Exploring Lamport's Bakery algorithm in C++20
Marton Trencseni - Sun 06 July 2025 - Programming
Introduction
The Bakery algorithm was discovered by Leslie Lamport in 1974 and described in his seminal paper A New Solution of Dijkstra's Concurrent Programming Problem. The algorithm solves the mutual exclusion problem: given n processes with shared memory, how can they cooperate so each one can execute a crticial section of code without any other process executing their critical section at the same time. Effectively, the algorithm implements a locking mechanism, where each process, before entering their critical section, acquires the lock, and then afterwards releases it. On his publications page, Lamport adds the following comments:
This paper describes the bakery algorithm for implementing mutual exclusion. I have invented many concurrent algorithms. I feel that I did not invent the bakery algorithm, I discovered it. Like all shared-memory synchronization algorithms, the bakery algorithm requires that one process be able to read a word of memory while another process is writing it. (Each memory location is written by only one process, so concurrent writing never occurs.) Unlike any previous algorithm, and almost all subsequent algorithms, the bakery algorithm works regardless of what value is obtained by a read that overlaps a write. If the write changes the value from 0 to 1, a concurrent read could obtain the value 7456 (assuming that 7456 is a value that could be in the memory location).

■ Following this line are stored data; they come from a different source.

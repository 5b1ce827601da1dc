-- ===== src/SessionState/Clocks.antt =====
-- The clock of a session and the fields that name it (fix_monitor/src/session_state.cpp).
use fix_mon.Prelude.{◌∙◌, ◌≡◌, refl, ◌≤ℤ◌, ◌⊎◌, arith}
use fix_mon.Event.{Event, EventClass, Direction, SessionEventType}
use fix_mon.SessionState.Snapshot.{SessionSnapshot, event_ts}
use fix_mon.SessionState.Apply.{
  apply_to, by_class, on_message, on_direction, on_incoming, on_outgoing, on_msg_type, on_logon,
  on_session_event, stamp,
}

-- the fields that only `stamp` and the registration write
record Keeps (s t : SessionSnapshot) : Type 0 where
  last : t.last_event_ts_ns ≡ s.last_event_ts_ns
  skew : t.clock_skew_ns ≡ s.clock_skew_ns
  id : t.session_id ≡ s.session_id
  heartbeat : t.heartbeat_interval ≡ s.heartbeat_interval

Keeps-trans : {s t u : SessionSnapshot} → Keeps s t → Keeps t u → Keeps s u
Keeps-trans h k = record {
  last = k.last ∙ h.last;
  skew = k.skew ∙ h.skew;
  id = k.id ∙ h.id;
  heartbeat = k.heartbeat ∙ h.heartbeat;
}

on_direction-Keeps :
    (d : Direction) (ev : Event) (s : SessionSnapshot) → Keeps s (on_direction d ev s).0
unfolding on_direction on_incoming on_outgoing
on_direction-Keeps Direction.incoming ev s = record {
  last = refl;
  skew = refl;
  id = refl;
  heartbeat = refl;
}
on_direction-Keeps _ ev s = record { last = refl; skew = refl; id = refl; heartbeat = refl }

on_msg_type-Keeps : (ev : Event) (s : SessionSnapshot) → Keeps s (on_msg_type ev s)
unfolding on_msg_type on_logon
on_msg_type-Keeps ev s = ground arith

on_message-Keeps : (ev : Event) (s : SessionSnapshot) → Keeps s (on_message ev s).0
unfolding on_message
on_message-Keeps ev s =
    Keeps-trans (on_direction-Keeps ev.direction ev s)
      (on_msg_type-Keeps ev (on_direction ev.direction ev s).0)

on_session_event-Keeps :
    (t : SessionEventType) (ev : Event) (s : SessionSnapshot) → Keeps s (on_session_event t ev s).0
unfolding on_session_event
on_session_event-Keeps SessionEventType.connecting ev s = record {
  last = refl;
  skew = refl;
  id = refl;
  heartbeat = refl;
}
on_session_event-Keeps _ ev s = record { last = refl; skew = refl; id = refl; heartbeat = refl }

by_class-Keeps : (c : EventClass) (ev : Event) (s : SessionSnapshot) → Keeps s (by_class c ev s).0
unfolding by_class
by_class-Keeps EventClass.fix_message ev s = on_message-Keeps ev s
by_class-Keeps _ ev s = on_session_event-Keeps ev.session_event ev s

-- Every event leaves the name and the heartbeat of a session alone, and the session's clock
-- becomes the later of what it was and the event's time: it is one of the two, and neither is
-- after it.
pub apply_to_clock :
    (ev : Event) (s : SessionSnapshot)
    → ((apply_to ev s).0.session_id ≡ s.session_id)
      × ((apply_to ev s).0.heartbeat_interval ≡ s.heartbeat_interval)
      × (s.last_event_ts_ns ≤ℤ (apply_to ev s).0.last_event_ts_ns)
      × (event_ts ev ≤ℤ (apply_to ev s).0.last_event_ts_ns)
      × (((apply_to ev s).0.last_event_ts_ns ≡ s.last_event_ts_ns)
          ⊎ ((apply_to ev s).0.last_event_ts_ns ≡ event_ts ev))
unfolding apply_to stamp event_ts
apply_to_clock ev s =
    let k = by_class-Keeps ev.event_class ev (stamp ev s) in
    (
      k.id,
      k.heartbeat,
      rw k.last (ground arith),
      rw k.last (ground arith),
      rw k.last (ground arith),
    )
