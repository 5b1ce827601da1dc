-- ===== src/SessionState/Gaps.antt =====
-- Gap detection on the inbound message stream (fix_monitor/src/session_state.cpp).
use fix_mon.Prelude.{
  ℕ, ◌+◌, ◌-◌, ◌≤◌, ◌<◌, ◌^◌, ◌≡◌, ◌≢◌, ◌↔◌, refl, false, List, [], ◌∷◌, arith, ltb, if◌then◌else◌,
}
use fix_mon.Event.{Event, EventClass, Direction}
use fix_mon.SessionState.Snapshot.{SessionSnapshot, inc64}
use fix_mon.SessionState.Apply.{
  apply_to, on_msg_type, on_message, by_class, stamp, on_direction, on_incoming, gap_found,
}

next-on_msg_type :
    (ev : Event) (s : SessionSnapshot) → (on_msg_type ev s).next_expected_in ≡ s.next_expected_in
unfolding on_msg_type
next-on_msg_type ev s = ground arith

gaps-on_msg_type : (ev : Event) (s : SessionSnapshot) → (on_msg_type ev s).seq_gaps ≡ s.seq_gaps
unfolding on_msg_type
gaps-on_msg_type ev s = ground arith

-- an original message of the counterparty, with a number that can be counted on from
pub record IsInbound (ev : Event) : Type 0 where
  pub is_message : ev.event_class ≡ EventClass.fix_message
  pub is_incoming : ev.direction ≡ Direction.incoming
  pub is_original : ev.poss_dup ≡ false
  pub numbered : 0 < ev.msg_seq_num
  pub in_range : ev.msg_seq_num + 1 < 2 ^ 64

apply_to-incoming :
    (ev : Event) (s : SessionSnapshot)
    → IsInbound ev
    → apply_to ev s
      ≡ (on_msg_type ev (on_incoming ev (stamp ev s)).0, (on_incoming ev (stamp ev s)).1)
unfolding apply_to by_class on_message on_direction
apply_to-incoming ev s w =
    rw (w.is_message, by_class, on_message) (rw (w.is_incoming, on_direction))

-- what an inbound message does to the expected number, to the counter, and the gap it reveals
inbound_step :
    (ev : Event) (s : SessionSnapshot)
    → IsInbound ev
    → ((apply_to ev s).0.next_expected_in ≡ inc64 ev.msg_seq_num)
      × ((apply_to ev s).0.seq_gaps ≡ (if gap_found ev s then inc64 s.seq_gaps else s.seq_gaps))
      × ((apply_to ev s).1 ≡ (if gap_found ev s then ev.msg_seq_num - s.next_expected_in else 0))
inbound_step ev s w =
    let u = (on_incoming ev (stamp ev s)).0 in
    rw (apply_to-incoming ev s w, next-on_msg_type ev u, gaps-on_msg_type ev u)
      (unfold on_incoming stamp in (ground arith, refl, refl))

-- the events in order, and the sum of the gaps that they reveal
abbrev pub feed : SessionSnapshot → List Event → SessionSnapshot × ℕ
feed s [] = (s, 0)
feed s (ev ∷ evs) =
    ((feed (apply_to ev s).0 evs).0, (apply_to ev s).1 + (feed (apply_to ev s).0 evs).1)

-- inbound messages whose numbers rise, the first at least `n`
abbrev pub Ascending : ℕ → List Event → Type 0
Ascending n [] = Unit
Ascending n (ev ∷ evs) = IsInbound ev × (n ≤ ev.msg_seq_num) × Ascending (ev.msg_seq_num + 1) evs

-- A gap is counted exactly if it is reported, an original inbound message reports one exactly if
-- its number is above the one expected, and the first numbered message never does.
pub gap_counted :
    (ev : Event) (s : SessionSnapshot)
    → IsInbound ev
    → ((0 < (apply_to ev s).1) ↔ ((s.next_expected_in ≢ 0) × (s.next_expected_in < ev.msg_seq_num)))
      × ((apply_to ev s).0.seq_gaps
          ≡ (if ltb 0 (apply_to ev s).1 then inc64 s.seq_gaps else s.seq_gaps))
gap_counted ev s w =
    rw ((inbound_step ev s w).2, (inbound_step ev s w).1)
      ((λ h. (ground arith, ground arith), λ h. ground arith), ground arith)
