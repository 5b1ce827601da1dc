-- ===== src/SessionState/Links.antt =====
-- The link states under `apply` (fix_monitor/src/session_state.cpp).
use fix_mon.Prelude.{
  ◌≢◌, ◌≡◌, refl, ◌⊎◌, inl, inr, true, codes, eq_text, eq_text_iff, arith, Bool-cases,
}
use fix_mon.Event.{Event, EventClass, Direction, SessionEventType}
use fix_mon.SessionState.Snapshot.{LinkState, SessionSnapshot}
use fix_mon.SessionState.Apply.{
  apply_to, by_class, on_message, on_direction, on_incoming, on_outgoing, on_msg_type, on_logon,
  on_session_event, stamp, is_incoming,
}

-- the two ways in which the counterparty's logon is seen
pub data IsLogon (ev : Event) : Type 0 where
  message :
      ev.event_class ≡ EventClass.fix_message
      → ev.direction ≡ Direction.incoming
      → ev.msg_type ≡ codes "A"
      → IsLogon ev
  narrated :
      ev.event_class ≢ EventClass.fix_message
      → ev.session_event ≡ SessionEventType.logon_received
      → IsLogon ev

state-on_direction :
    (d : Direction) (ev : Event) (s : SessionSnapshot) → (on_direction d ev s).0.state ≡ s.state
unfolding on_direction on_incoming on_outgoing
state-on_direction Direction.incoming ev s = refl
state-on_direction _ ev s = refl

is_incoming-eq : (d : Direction) → is_incoming d ≡ true → d ≡ Direction.incoming
is_incoming-eq Direction.incoming h = refl
is_incoming-eq _ h = cc

logged_on-on_msg_type :
    (ev : Event) (s : SessionSnapshot)
    → ev.event_class ≡ EventClass.fix_message
    → (on_msg_type ev s).state ≡ LinkState.logged_on
    → (s.state ≡ LinkState.logged_on) ⊎ IsLogon ev
unfolding on_msg_type on_logon
logged_on-on_msg_type ev s c h = elim (Bool-cases (eq_text ev.msg_type (codes "A"))) [
  | inl e ↦ elim (Bool-cases (is_incoming ev.direction)) [
    | inl i ↦ inr (
        IsLogon.message c (is_incoming-eq ev.direction i)
          ((eq_text_iff ev.msg_type (codes "A")).0 e))
    | inr n ↦ inl (ground arith)
  ]
  | inr e ↦ inl (ground arith)
]

logged_on-on_session_event :
    (t : SessionEventType) (ev : Event) (s : SessionSnapshot)
    → (on_session_event t ev s).0.state ≡ LinkState.logged_on
    → (s.state ≡ LinkState.logged_on) ⊎ (t ≡ SessionEventType.logon_received)
unfolding on_session_event
logged_on-on_session_event SessionEventType.connecting ev s h = cc
logged_on-on_session_event SessionEventType.logon_received ev s h = inr refl
logged_on-on_session_event _ ev s h = ground arith

logged_on-by_class :
    (c : EventClass) (ev : Event) (s : SessionSnapshot)
    → ev.event_class ≡ c
    → (by_class c ev s).0.state ≡ LinkState.logged_on
    → (s.state ≡ LinkState.logged_on) ⊎ IsLogon ev
unfolding by_class on_message
logged_on-by_class EventClass.fix_message ev s e h =
    rw (← state-on_direction ev.direction ev s)
      (logged_on-on_msg_type ev (on_direction ev.direction ev s).0 e h)
logged_on-by_class EventClass.session_event ev s e h =
    elim (logged_on-on_session_event ev.session_event ev s h) [
      | inl old ↦ inl old
      | inr t ↦ inr (IsLogon.narrated (λ f. cc) t)
    ]
logged_on-by_class EventClass.unknown ev s e h =
    elim (logged_on-on_session_event ev.session_event ev s h) [
      | inl old ↦ inl old
      | inr t ↦ inr (IsLogon.narrated (λ f. cc) t)
    ]

-- A session is logged on after an event only if it was before, or the event is a Logon message of
-- the counterparty or the engine's word that it received one.
pub apply_to_logged_on :
    (ev : Event) (s : SessionSnapshot)
    → (apply_to ev s).0.state ≡ LinkState.logged_on
    → (s.state ≡ LinkState.logged_on) ⊎ IsLogon ev
unfolding apply_to stamp
apply_to_logged_on ev s h = logged_on-by_class ev.event_class ev (stamp ev s) refl h

stale-on_msg_type :
    (ev : Event) (s : SessionSnapshot)
    → (on_msg_type ev s).state ≡ LinkState.stale
    → s.state ≡ LinkState.stale
unfolding on_msg_type on_logon
stale-on_msg_type ev s h = ground arith

stale-by_class :
    (c : EventClass) (ev : Event) (s : SessionSnapshot)
    → (by_class c ev s).0.state ≡ LinkState.stale
    → s.state ≡ LinkState.stale
unfolding by_class on_message on_session_event
stale-by_class EventClass.fix_message ev s h =
    rw (← state-on_direction ev.direction ev s)
      (stale-on_msg_type ev (on_direction ev.direction ev s).0 h)
stale-by_class _ ev s h = ground arith

-- No event makes a session stale: only the evaluation of its silence does.
pub apply_to_stale :
    (ev : Event) (s : SessionSnapshot)
    → (apply_to ev s).0.state ≡ LinkState.stale
    → s.state ≡ LinkState.stale
unfolding apply_to stamp
apply_to_stale ev s h = stale-by_class ev.event_class ev (stamp ev s) h
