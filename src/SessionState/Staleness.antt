-- ===== src/SessionState/Staleness.antt =====
-- `evaluate_staleness` of fix_monitor/src/session_state.cpp, session by session.
use fix_mon.Prelude.{
  ◌⊎◌, ℕ, ℤ, pos, ◌-ℤ◌, ltb_ℤ, ltb, wrap64, wrap64_small, ◌*◌, ◌^◌, ◌<◌, ap, ap₂, ◌∙◌, ◌≢◌,
  is_nonzero, ◌≡◌, ◌↔◌, true, arith,
}
use fix_mon.SessionState.Snapshot.{LinkState, SessionSnapshot}
use fix_mon.SessionState.{is_up, tolerance, last_heard, evaluate}

-- Only the state of a session changes.
pub evaluate_keeps :
    (multiple : ℕ) (now : ℤ) (s : SessionSnapshot)
    → evaluate multiple now s ≡ record s { state = (evaluate multiple now s).state }
unfolding evaluate
evaluate_keeps multiple now s = ground arith

abbrev IsUp : LinkState → Type 0
IsUp l = (l ≡ LinkState.logged_on) ⊎ (l ≡ LinkState.stale)

is_up_lem : (l : LinkState) → (is_up l ≡ true) ↔ IsUp l
is_up_lem l = ground arith

ltb_ℤ-pos : (a b : ℕ) → ltb_ℤ (pos a) (pos b) ≡ ltb a b
ltb_ℤ-pos a b = ground arith

-- the comparison, where nothing overflows
too_long :
    (multiple silence : ℕ) (now : ℤ) (s : SessionSnapshot)
    → now -ℤ last_heard s ≡ pos silence
    → silence < 2 ^ 63
    → s.heartbeat_interval * multiple * 1_000_000_000 < 2 ^ 63
    → ltb_ℤ (tolerance multiple s) (wrap64 (now -ℤ last_heard s))
      ≡ ltb (s.heartbeat_interval * multiple * 1_000_000_000) silence
unfolding tolerance
too_long multiple silence now s e short room =
    let limit = s.heartbeat_interval * multiple * 1_000_000_000 in
    ap₂ ltb_ℤ (wrap64_small limit room) (ap wrap64 e ∙ wrap64_small silence short)
    ∙ ltb_ℤ-pos limit silence

-- Of a session that has been silent for `silence` nanoseconds since it was last heard of: afterwards
-- it is stale exactly if it was logged on or stale before, and its silence is longer than the
-- heartbeat interval, in seconds, times the multiple. If it is not stale afterwards, it is logged on
-- if it was logged on or stale, and else its state is what it was. The silence and the tolerance,
-- in nanoseconds, are below 2 ^ 63.
pub evaluate_lem :
    (multiple silence : ℕ) (now : ℤ) (s : SessionSnapshot)
    → is_nonzero (last_heard s) ≡ true
    → now -ℤ last_heard s ≡ pos silence
    → silence < 2 ^ 63
    → s.heartbeat_interval * multiple * 1_000_000_000 < 2 ^ 63
    → (((evaluate multiple now s).state ≡ LinkState.stale) ↔ (
        ((s.state ≡ LinkState.logged_on) ⊎ (s.state ≡ LinkState.stale))
        × (s.heartbeat_interval * multiple * 1_000_000_000 < silence)))
      × (((evaluate multiple now s).state ≡ LinkState.stale)
          ⊎ ((((s.state ≡ LinkState.logged_on) ⊎ (s.state ≡ LinkState.stale))
                × ((evaluate multiple now s).state ≡ LinkState.logged_on))
              ⊎ ((s.state ≢ LinkState.logged_on)
                  × (s.state ≢ LinkState.stale)
                  × ((evaluate multiple now s).state ≡ s.state))))
unfolding evaluate
evaluate_lem multiple silence now s heard since short room =
    let long = too_long multiple silence now s since short room in
    let (there, back) = is_up_lem s.state in ((λ h. ground arith, λ h. ground arith), ground arith)

-- A second evaluation at the same time changes nothing.
pub evaluate_idem :
    (multiple : ℕ) (now : ℤ) (s : SessionSnapshot)
    → evaluate multiple now (evaluate multiple now s) ≡ evaluate multiple now s
unfolding evaluate tolerance last_heard
evaluate_idem multiple now s = ground arith
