-- ===== src/SessionState/Registry.antt =====
-- The map of sessions of fix_monitor/src/session_state.cpp, over any run of its methods.
use fix_mon.Prelude.{
  ℕ, suc, ◌<◌, ℤ, pos, ◌≡◌, refl, ◌∙◌, sym, ap, false, if◌then◌else◌, some, List, [], ◌∷◌, All,
  Bytes, eq_text, eq_text_iff, ◌≢◌, arith,
}
use fix_mon.Prelude.Dict
use fix_mon.Event.{Event}
use fix_mon.SessionState.Snapshot.{SessionSnapshot, fresh}
use fix_mon.SessionState.Apply.{apply_to}
use fix_mon.SessionState.Clocks.{apply_to_clock}
use fix_mon.SessionState.Staleness.{evaluate_keeps}
use fix_mon.SessionState.{
  SessionRegistry, new_registry, register_session, session_of, apply, evaluate, evaluate_all,
  evaluate_staleness, heartbeat_or_default,
}

-- an entry of the map: filed under its own id, with a heartbeat
abbrev pub IsEntry : Bytes × SessionSnapshot → Type 0
IsEntry (k, s) = (s.session_id ≡ k) × (0 < s.heartbeat_interval)

pub record IsValid (r : SessionRegistry) : Type 0 where
  pub sorted : Dict.IsSorted r.sessions
  pub entries : All IsEntry r.sessions
  pub multiple : 0 < r.stale_multiple

-- what the program does with a registry after it has made it
pub data Step : SessionRegistry → SessionRegistry → Type 0 where
  registers : (id : Bytes) (hb : ℤ) (r : SessionRegistry) → Step r (register_session id hb r)
  applies : (ev : Event) (r : SessionRegistry) → Step r (apply ev r).0
  evaluates : (now : ℤ) (r : SessionRegistry) → Step r (evaluate_staleness now r)

pub data Reach (multiple : ℤ) : SessionRegistry → Type 0 where
  made : Reach multiple (new_registry multiple)
  next : {r t : SessionRegistry} → Reach multiple r → Step r t → Reach multiple t

new_registry-IsValid : (n : ℤ) → IsValid (new_registry n)
unfolding new_registry
new_registry-IsValid (pos (suc n)) = record { sorted = tt; entries = tt; multiple = omega arith }
new_registry-IsValid _ = record { sorted = tt; entries = tt; multiple = omega arith }

heartbeat_pos : (hb : ℤ) → 0 < heartbeat_or_default hb
heartbeat_pos (pos (suc n)) = omega arith
heartbeat_pos _ = omega arith

register-IsValid :
    (id : Bytes) (hb : ℤ) (r : SessionRegistry) → IsValid r → IsValid (register_session id hb r)
unfolding register_session
register-IsValid id hb r v = record {
  sorted = Dict.alter-IsSorted id (fresh id) _ r.sessions v.sorted;
  entries =
      Dict.All-alter IsEntry id (fresh id) _ r.sessions v.entries (refl, heartbeat_pos hb)
        (λ s h. (refl, heartbeat_pos hb));
  multiple = v.multiple;
}

apply_to-IsEntry :
    (ev : Event) (k : Bytes) (s : SessionSnapshot) → IsEntry (k, s) → IsEntry (k, (apply_to ev s).0)
apply_to-IsEntry ev k s h = let c = apply_to_clock ev s in (c.0 ∙ h.0, rw (c.1) (h.1))

apply-IsValid : (ev : Event) (r : SessionRegistry) → IsValid r → IsValid (apply ev r).0
unfolding apply
apply-IsValid ev r v = record {
  sorted = Dict.alter-IsSorted ev.session_id (fresh ev.session_id) _ r.sessions v.sorted;
  entries =
      Dict.All-alter IsEntry ev.session_id (fresh ev.session_id) _ r.sessions v.entries
        (apply_to-IsEntry ev ev.session_id (fresh ev.session_id) (refl, omega arith))
        (apply_to-IsEntry ev ev.session_id);
  multiple = v.multiple;
}

module _ (multiple : ℕ) (now : ℤ) where
  evaluate-IsEntry :
      (k : Bytes) (s : SessionSnapshot) → IsEntry (k, s) → IsEntry (k, evaluate multiple now s)
  evaluate-IsEntry k s h =
      let e = evaluate_keeps multiple now s in
      (
        ap (λ (x : SessionSnapshot). x.session_id) e ∙ h.0,
        rw (ap (λ (x : SessionSnapshot). x.heartbeat_interval) e) (h.1),
      )

  evaluate_all-Above :
      (k : Bytes) (m : List (Bytes × SessionSnapshot))
      → Dict.Above k m
      → Dict.Above k (evaluate_all multiple now m)
  unfolding evaluate_all
  evaluate_all-Above k [] a = tt
  evaluate_all-Above k ((j, s) ∷ m) a = (a.0, evaluate_all-Above k m a.1)

  evaluate_all-IsSorted :
      (m : List (Bytes × SessionSnapshot))
      → Dict.IsSorted m
      → Dict.IsSorted (evaluate_all multiple now m)
  unfolding evaluate_all
  evaluate_all-IsSorted [] a = tt
  evaluate_all-IsSorted ((j, s) ∷ m) a = (evaluate_all-Above j m a.0, evaluate_all-IsSorted m a.1)

  evaluate_all-IsEntry :
      (m : List (Bytes × SessionSnapshot))
      → All IsEntry m
      → All IsEntry (evaluate_all multiple now m)
  unfolding evaluate_all
  evaluate_all-IsEntry [] a = tt
  evaluate_all-IsEntry ((j, s) ∷ m) a = (evaluate-IsEntry j s a.0, evaluate_all-IsEntry m a.1)

Step-IsValid : {r t : SessionRegistry} → Step r t → IsValid r → IsValid t
unfolding evaluate_staleness
Step-IsValid (registers id hb r) v = register-IsValid id hb r v
Step-IsValid (applies ev r) v = apply-IsValid ev r v
Step-IsValid (evaluates now r) v = record {
  sorted = evaluate_all-IsSorted r.stale_multiple now r.sessions v.sorted;
  entries = evaluate_all-IsEntry r.stale_multiple now r.sessions v.entries;
  multiple = v.multiple;
}

-- Whatever multiple the registry is made with and whatever is registered, applied and evaluated
-- afterwards, in any order: its sessions stay in key order with no key twice, each is filed under
-- its own id with a positive heartbeat, and the multiple is positive.
pub Reach-IsValid : {n : ℤ} {r : SessionRegistry} → Reach n r → IsValid r
Reach-IsValid {n} made = new_registry-IsValid n
Reach-IsValid (next h st) = Step-IsValid st (Reach-IsValid h)

-- An event is applied to the session that it names, which is made if it is not there, and no other
-- session changes, appears or goes.
pub lookup-apply :
    (ev : Event) (r : SessionRegistry) (k : Bytes)
    → IsValid r
    → Dict.lookup k (apply ev r).0.sessions ≡ (
        if eq_text ev.session_id k
        then some (apply_to ev (session_of r ev.session_id)).0
        else Dict.lookup k r.sessions)
unfolding apply
lookup-apply ev r k v =
    Dict.lookup-alter k ev.session_id (fresh ev.session_id) _ r.sessions v.sorted

session_of-apply_ne :
    (a b : Event) (r : SessionRegistry)
    → IsValid r
    → eq_text a.session_id b.session_id ≡ false
    → session_of (apply a r).0 b.session_id ≡ session_of r b.session_id
session_of-apply_ne a b r v ne = rw (lookup-apply a r b.session_id v, ne)

gap-apply :
    (ev : Event) (r : SessionRegistry)
    → (apply ev r).1 ≡ (apply_to ev (session_of r ev.session_id)).1
unfolding apply
gap-apply ev r = refl

eq_text_ne : (a b : Bytes) → a ≢ b → eq_text a b ≡ false
eq_text_ne a b ne = ground (arith, eq_text_iff a b)

-- The order in which the logs of two sessions are read does not matter: events of different
-- sessions reveal the same gaps and leave every session the same, whichever comes first.
pub apply_comm :
    (a b : Event) (r : SessionRegistry)
    → IsValid r
    → a.session_id ≢ b.session_id
    → ((k : Bytes)
        → Dict.lookup k (apply b (apply a r).0).0.sessions
          ≡ Dict.lookup k (apply a (apply b r).0).0.sessions)
      × ((apply b (apply a r).0).1 ≡ (apply b r).1)
      × ((apply a (apply b r).0).1 ≡ (apply a r).1)
apply_comm a b r v ne =
    let ab = session_of-apply_ne a b r v (eq_text_ne a.session_id b.session_id ne) in
    let ba = session_of-apply_ne b a r v (eq_text_ne b.session_id a.session_id (λ e. ne (sym e))) in
    (
      λ k.
          rw
            (
              lookup-apply b (apply a r).0 k (apply-IsValid a r v),
              lookup-apply a (apply b r).0 k (apply-IsValid b r v),
              lookup-apply a r k v,
              lookup-apply b r k v,
              ab,
              ba,
            )
            (ground (arith, eq_text_iff a.session_id k, eq_text_iff b.session_id k)),
      rw (gap-apply b (apply a r).0, ab, gap-apply b r),
      rw (gap-apply a (apply b r).0, ba, gap-apply a r),
    )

The algorithm still works. I didn't try to devise an algorithm with this property. I discovered that the bakery algorithm had this property after writing a proof of its correctness and noticing that the proof did not depend on what value is returned by a read that overlaps a write. I don't know how many people realize how remarkable this algorithm is. Perhaps the person who realized it better than anyone is Anatol Holt, a former colleague at Massachusetts Computer Associates. When I showed him the algorithm and its proof and pointed out its amazing property, he was shocked. He refused to believe it could be true. He could find nothing wrong with my proof, but he was certain there must be a flaw. He left that night determined to find it. I don't know when he finally reconciled himself to the algorithm's correctness.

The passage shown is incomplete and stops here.